After citing Adams, Romney said: "Freedom requires religion just as religion requires freedom." The second part is an ancient theological tradition: without free will faith is not faith but coercion. The first point, however, is arguable, for societies can be secular, free and successful. I asked Romney to explain his thinking. In sum, he believes a republic is dependent on the virtue of the people, the virtue of the people is dependent on morality, and that morality is dependent on religion. To support his case he (wisely) alluded to Washington's Farewell Address, which says, "of all the dispositions and habits which lead to political prosperity, religion and morality are indispensable supports … let us with caution indulge the supposition that morality can be maintained without religion." But Washington was simply raising a "caution," and it is a mistake to think that one need be religious to be moral.
Romney would have been on safer ground had he said that America has always been largely religious and largely free, and that America's religious traditions should fight for the freedom of all, if only out of self-interest. Without freedom of conscience, today's tyrant could be tomorrow's tyrannized, and the other way round. With freedom of conscience, we come closer to living out the promise Washington made in his 1790 letter to the Hebrew Congregation at Newport, R.I., in which he said that the government of the United States was "to give to bigotry no sanction … and to persecution no assistance."
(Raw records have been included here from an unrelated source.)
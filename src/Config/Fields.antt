-- ===== src/Config/Fields.antt =====
-- internal/config/config.go: the validation of one field.
use g_tun.Prelude.{
  ℕ, ◌≤◌, ◌≡◌, ◌≢◌, Bytes, codes, bytes_eq, bytes_eq_iff, length, ◌||◌, ◌&&◌, not, Option, none,
  some, Option-cases, inl, inr, arith, ltb, if◌then◌else◌, [], ◌⊎◌,
}
use g_tun.Prelude.Int.{ℤ, pos, negsuc, ltb_ℤ}
use g_tun.Net.{atoi, split_host_port}
use g_tun.Result.{Result, ok, err, bad_port, bad_host_port, missing_host, token_short}

abbrev min_token_length : ℕ
min_token_length = 16

unfoldable pub validate_token : Bytes → Result (Unit {0})
validate_token token = if ltb (length token) min_token_length then err token_short else ok tt

port_in_range : Bytes → Option ℤ → Result (Unit {0})
port_in_range field none = err (bad_port field)
port_in_range field (some n) =
    if ltb_ℤ n (pos 1) || ltb_ℤ (pos 65535) n then err (bad_port field) else ok tt

unfoldable pub validate_port : Bytes → Bytes → Result (Unit {0})
unfolding port_in_range
validate_port field port = port_in_range field (atoi port)

host_and_port : Bytes → Option (Bytes × Bytes) → Result (Unit {0})
host_and_port field none = err (bad_host_port field)
host_and_port field (some (host, port)) =
    if bytes_eq host [] && not (bytes_eq field (codes "local_listen_port"))
    then err (missing_host field)
    else validate_port field port

unfoldable pub validate_host_port : Bytes → Bytes → Result (Unit {0})
unfolding host_and_port
validate_host_port field addr = host_and_port field (split_host_port addr)

-- A decimal port number.
abbrev pub IsPort : Bytes → Type 0
IsPort port = (n : ℕ) × (atoi port ≡ some (pos n)) × (1 ≤ n) × (n ≤ 65535)

-- An address with a port number, and with a host unless the field is the listening address.
abbrev pub IsHostPort : Bytes → Bytes → Type 0
IsHostPort field addr =
    (host : Bytes) × (port : Bytes) × (split_host_port addr ≡ some (host, port))
    × ((host ≢ []) ⊎ (field ≡ codes "local_listen_port"))
    × IsPort port

pub validate_port_sound : (field port : Bytes) → validate_port field port ≡ ok tt → IsPort port
unfolding validate_port
validate_port_sound field port e = elim (Option-cases (atoi port)) [
  | inl absent ↦ cc (rw absent at e)
  | inr (pos n, found) ↦ (n, found, ground (arith, found), ground (arith, found))
  | inr (negsuc n, found) ↦ ground (arith, found)
]

pub validate_port_complete : (field port : Bytes) → IsPort port → validate_port field port ≡ ok tt
unfolding validate_port
validate_port_complete field port (n, e, lo, hi) = ground arith

pub validate_host_port_sound :
    (field addr : Bytes) → validate_host_port field addr ≡ ok tt → IsHostPort field addr
unfolding validate_host_port
validate_host_port_sound field addr e = elim (Option-cases (split_host_port addr)) [
  | inl absent ↦ cc (rw absent at e)
  | inr ((host, port), found) ↦ (
    host,
    port,
    found,
    ground (arith, found, bytes_eq_iff host [], bytes_eq_iff field (codes "local_listen_port")),
    validate_port_sound field port (ground (arith, found)),
  )
]

pub validate_host_port_complete :
    (field addr : Bytes) → IsHostPort field addr → validate_host_port field addr ≡ ok tt
unfolding validate_host_port
validate_host_port_complete field addr (host, port, found, named, p) = ground (
  arith,
  found,
  bytes_eq_iff host [],
  bytes_eq_iff field (codes "local_listen_port"),
  validate_port_complete field port p,
)

pub validate_token_sound : (token : Bytes) → validate_token token ≡ ok tt → 16 ≤ length token
unfolding validate_token
validate_token_sound token e = ground arith

pub validate_token_complete : (token : Bytes) → 16 ≤ length token → validate_token token ≡ ok tt
unfolding validate_token
validate_token_complete token h = ground arith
Romney's failure to make a noble public stand for the rights of atheists and skeptics is tactically understandable if intellectually disappointing. The man he is now trailing in Iowa is smooth on the campaign circuit, appealing to conservative Christians without alienating other kinds of voters. How long this will last is an open question. Huckabee the front runner is only now beginning to face new scrutiny. A speech he gave in 1998 is likely to come up again. Addressing Southern Baptist pastors gathered at the Salt Palace Convention Center, Huckabee, then governor of Arkansas, said that he "got into politics because I knew government didn't have the real answers, that real answers lie in accepting Jesus Christ into our lives … I hope we answer the alarm clock and take this nation back for Christ."